While the wealth of applications built on top of open data is ever increasing, a fundamental problem persists in surfing open data websites. In short you could say that the entire process is nothing short of a sad affair.
For example, take a complete listing of every farmer’s market in the United States, that includes the types of produce one can typically find there, or demographics on the Martial Status of Active Military Personnel. The variety is simply astounding, and while these are only two examples, there is just so much data out there. However getting to those bits of good data can be quite a pain.
People who love data see how gleaming insight from even static sets can help us hack everything from public policy to our daily commute. Unfortunately in order for developers to build these tools it’s not enough for data to be open and public, it also has to be accessible and frequently it isn’t.
Common Problems with Public Data
No APIs – When data is released often it’s just dumped on the internet in Excel spreadsheets. That means the developer has to import the data before building any kind of app. In addition to maintaining the application’s source code, the developer also has to manually download and update new datasets as they are released.
Too Large Data Sets – They’re workable if the dataset is small, but some of the most interesting datasets can be thousands of rows worth of information. While modern databases can easily handle millions of rows, after a certain point importing the data is no longer a simple point and click options.
Data is in the wrong format – CSV stands for COMMA SEPARATED values. Not tab separated values, not pipe separated, not comma separated after a couple of paragraphs of random attribution text, not a giant blob of plain text. Many people just don’t seem to get this. When data isn’t in a standard format it becomes that much harder to work with.
Poorly structured data – Usually the agency collecting the data tries to be as specific and comprehensive as possible in order to maximize the number of applications the data can have. The Department of Education, for example, breaks down student demographics by age, gender, and race for each school. Great if you’re looking to build a visualization of exactly how many female Eskimo fourth graders there are around the country, but not much useful for anything else. A researcher running a professional statistical software package can easily remap datasets like this to suit their needs. However a web or mobile app developer doesn’t have the resources to do all the necessary calculations.
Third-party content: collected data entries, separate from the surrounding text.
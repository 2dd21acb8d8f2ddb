-- ===== src/Payments/Model.antt =====
-- The models that the conversion of a transaction reads:
-- apps/core/src/module/payment-intent/model/{payment-intent,payment-amount-accumulator}.model.ts,
-- apps/core/src/shared/model/{transaction,transfer}.model.ts,
-- apps/core/src/module/payment-intent/transaction-converter/converter/payment-transaction.converter.ts
-- and apps/core/src/shared/projection/operation-type.mapper.ts.
use multi_rail_payments_proc.Prelude.{ℕ, Option, List}
use multi_rail_payments_proc.Prelude.Int.{ℤ}
use multi_rail_payments_proc.Prelude.JsMap.{JsMap}
use multi_rail_payments_proc.Types.{
  IntegrationType, IntentType, ExecutionType, BalanceChange, BalanceChangeOperationType,
}

pub data TransactionStatus : Type 0 where
  prepared promoted accepted confirmed rejected failed reorg : TransactionStatus

pub data PaymentIntentStatus : Type 0 where
  created processing underpay overpay exact expired cancelled : PaymentIntentStatus

pub data PaymentPlatformFeePayerType : Type 0 where
  client payer : PaymentPlatformFeePayerType

pub data PaymentOperationType : Type 0 where
  user_request relayer consolidation : PaymentOperationType

pub record SourceIntegrationAccount : Type 0 where
  pub account : ℕ
  pub platform_account_id : ℕ

pub record PaymentIntent : Type 0 where
  pub id : ℕ
  pub operation_type : PaymentOperationType
  pub to : SourceIntegrationAccount
  pub integration : IntegrationType
  pub currency : ℕ
  pub amount : ℤ
  pub platform_fee : Option ℤ
  pub platform_fee_account : Option SourceIntegrationAccount
  pub platform_fee_payer : Option PaymentPlatformFeePayerType
  pub status : PaymentIntentStatus
  pub created_at : ℕ

-- The intent of a transfer, if any: its type and its id.
pub record Transfer : Type 0 where
  pub id : ℕ
  pub index : ℕ
  pub from : ℕ
  pub to : ℕ
  pub amount : ℤ
  pub currency : ℕ
  pub intent : Option (IntentType × ℕ)

-- A transaction without its transfers.
pub record Transaction : Type 0 where
  pub id : ℕ
  pub execution_type : ExecutionType
  pub integration : IntegrationType
  pub source_tx_id : ℕ
  pub status : TransactionStatus
  pub executed_at : Option ℕ

pub record PaymentAmountAccumulator : Type 0 where
  pub payment_id : ℕ
  pub amount : ℤ
  pub from : ℕ

pub data LinkModelType : Type 0 where
  regular temporal : LinkModelType

pub record IntegrationAccountLink : Type 0 where
  pub platform_account_id : ℕ
  pub link_type : LinkModelType

-- `minor_unit` of a currency stands for the `currencies` map, which has every currency that a
-- payment of the integration can be in.
pub record PaymentTransactionContext : Type 0 where
  pub transaction : Transaction
  pub transfers : List Transfer
  pub payment_intents : List PaymentIntent
  pub integration_accounts : JsMap ℕ ℕ
  pub accounts_link : JsMap ℕ IntegrationAccountLink
  pub platform_accounts : JsMap ℕ ℕ
  pub amounts : JsMap ℕ (List PaymentAmountAccumulator)
  pub minor_unit : ℕ → ℕ

pub record ConverterResult : Type 0 where
  pub context : PaymentTransactionContext
  pub changes : List BalanceChange

abbrev pub to_balance_change : PaymentOperationType → BalanceChangeOperationType
to_balance_change PaymentOperationType.user_request = BalanceChangeOperationType.user_request
to_balance_change PaymentOperationType.relayer = BalanceChangeOperationType.relayer
to_balance_change PaymentOperationType.consolidation = BalanceChangeOperationType.consolidation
Unclear data sources – Just as facts float around the internet unattributed, people download datasets and modify them all the time. Services like Survey Monkey make it incredibly easy to collect, export and distribute datasets. Crawling and scrapping websites provides another channel of interesting data points. Yet there is no way of confidently tracking the data back to its source and evaluating its legitimacy.
Welcome to Exversion
As Startup Bus NYC hit the road, we started sketching out ideas to solve these problems. As developers and data junkies, we had all dealt with the frustration of projects that get canned at the idea stage because the data was right there but it was just too expensive and time consuming to make it work. While innovations in tech are reducing overhead in all other areas of development, public data remains locked in a torture chamber of csv files, spreadsheets and API-less databases.
To change this Exversion provides the following:
– A built in API to access and query any uploaded dataset.
– Data versioning to track provenance of modified datasets and keep applications up-to-date even with static data.
– Ability to fork data, add to it, modify it and establish a reputation based on your uploads and evaluate fellow users.